India finds 31 guilty in deadly 2002 train burning

Ahmadabad, India - A court investigating one of India's worst outbursts of communal violence Tuesday found 31 Muslims guilty of setting fire to a train in which 60 Hindus were killed nine years ago.

The court also acquitted 63 people of participating in the 2002 attack on the train packed with Hindu pilgrims in the western Indian state of Gujarat that triggered deadly anti-Muslim riots in India.

About 1,000 people were killed when groups of Hindus rampaged through Muslim neighborhoods and towns in Gujarat from February to April 2002. Most of the dead were Muslims.

Soon after the verdict was announced Tuesday, special public prosecutor J.M. Panchal said he was satisfied with the court's decision.

"This is a judicial pronouncement and it cannot be a subject of debate," Panchal told reporters.

The court, headed by Judge P.R. Patel, is scheduled to announce jail sentences on Friday.
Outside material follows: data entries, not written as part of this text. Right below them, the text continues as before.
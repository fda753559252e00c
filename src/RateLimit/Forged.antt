-- ===== src/RateLimit/Forged.antt =====
-- Entries that a client puts to the left of its own address do not change its key.
use pg_aggregator_back.Common.{
  String, Bool, true, false, Option, none, some, List, [], ◌∷◌, ◌++◌, ◌≡◌, refl, is_some,
  Option-cases, Bool-cases, inl, inr, if◌then◌else◌,
}
use pg_aggregator_back.RateLimit.{
  Network, Request, is_trusted_proxy, host_of, judged, walk, entries_of, key_of, client_ip,
}

module _ {Addr : Type 0} (net : Network Addr) (trusted_proxies : List (Addr → Bool)) where
  -- What the entries to the right have decided stands.
  walk-append :
      (host k : String) (forged es : List String)
      → walk net trusted_proxies host es ≡ some k
      → walk net trusted_proxies host (forged ++ es) ≡ some k
  unfolding walk
  walk-append host k [] es h = h
  walk-append host k (f ∷ forged) es h = rw (walk-append host k forged es h) refl

  -- An entry that is no address, or the address of no trusted proxy, decides the walk.
  abbrev pub decides : String → Bool
  decides e = is_some (judged net trusted_proxies "" (net.parse_addr (net.trim_space e)))

  abbrev pub any_decides : List String → Bool
  any_decides [] = false
  any_decides (e ∷ es) = if decides e then true else any_decides es

  judged-decides :
      (host : String) (a : Option Addr)
      → is_some (judged net trusted_proxies "" a) ≡ true
      → (k : String) × (judged net trusted_proxies host a ≡ some k)
  judged-decides host none h = (host, refl)
  judged-decides host (some a) h =
      elim (Bool-cases (is_trusted_proxy net trusted_proxies (net.unmap a))) [
        | inl t ↦ absurd (cc (rw t at h))
        | inr f ↦ (net.show_addr (net.unmap a), rw (f) refl)
      ]

  walk-decides :
      (host : String) (es : List String)
      → any_decides es ≡ true
      → (k : String) × (walk net trusted_proxies host es ≡ some k)
  unfolding walk
  walk-decides host [] h = cc
  walk-decides host (e ∷ es) h = elim (Option-cases (walk net trusted_proxies host es)) [
    | inr (k, found) ↦ (k, rw (found) refl)
    | inl not_yet ↦ elim (Bool-cases (decides e)) [
      | inl here ↦
          let (k, j) = judged-decides host (net.parse_addr (net.trim_space e)) here in
          (k, rw (not_yet) j)
      | inr other ↦
          let (k, found) = walk-decides host es (rw other at h) in absurd (cc (found, not_yet))
    ]
  ]

  key-append :
      (host : String) (o : Option Addr) (forged es : List String)
      → any_decides es ≡ true
      → key_of net trusted_proxies host o (forged ++ es) ≡ key_of net trusted_proxies host o es
  key-append host none forged es h = refl
  key-append host (some peer) forged es h =
      let (k, found) = walk-decides host es h in rw (walk-append host k forged es found, found) refl

  -- Two requests from one peer, where the entries of the second are those of the first with any
  -- others before them: if some entry of the first is no address, or an address that is no trusted
  -- proxy, both have the same key. So a client cannot choose its key by the entries that it sends
  -- itself, since the trusted proxies add its address behind them.
  pub client_ip-forged :
      (r r' : Request) (forged : List String)
      → r'.remote_addr ≡ r.remote_addr
      → entries_of net trusted_proxies r'.forwarded_for
        ≡ forged ++ entries_of net trusted_proxies r.forwarded_for
      → any_decides (entries_of net trusted_proxies r.forwarded_for) ≡ true
      → client_ip net trusted_proxies r' ≡ client_ip net trusted_proxies r
  unfolding client_ip
  client_ip-forged r r' forged same more h =
      let host = host_of net trusted_proxies r.remote_addr (net.split_host_port r.remote_addr) in
      rw (same, more)
        (key-append host (net.parse_addr host) forged
          (entries_of net trusted_proxies r.forwarded_for) h)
The 31 men were convicted of being part of a criminal conspiracy that led to the deaths of 60 people when one of the coaches of the Sabarmati Express train was set on fire.

Police had arrested 107 people in the attack and the trial lasted nearly nine years, during which five of the accused died. Eight others have been granted bail while on trial by a juvenile court.

The religious violence was among India's worst since its independence from Britain in 1947. The state government, which has been controlled by the Hindu nationalist Bharatiya Janata Party, has been accused by the opposition and media of not doing enough to stop the violence and of even stoking it. Gujarat officials deny that.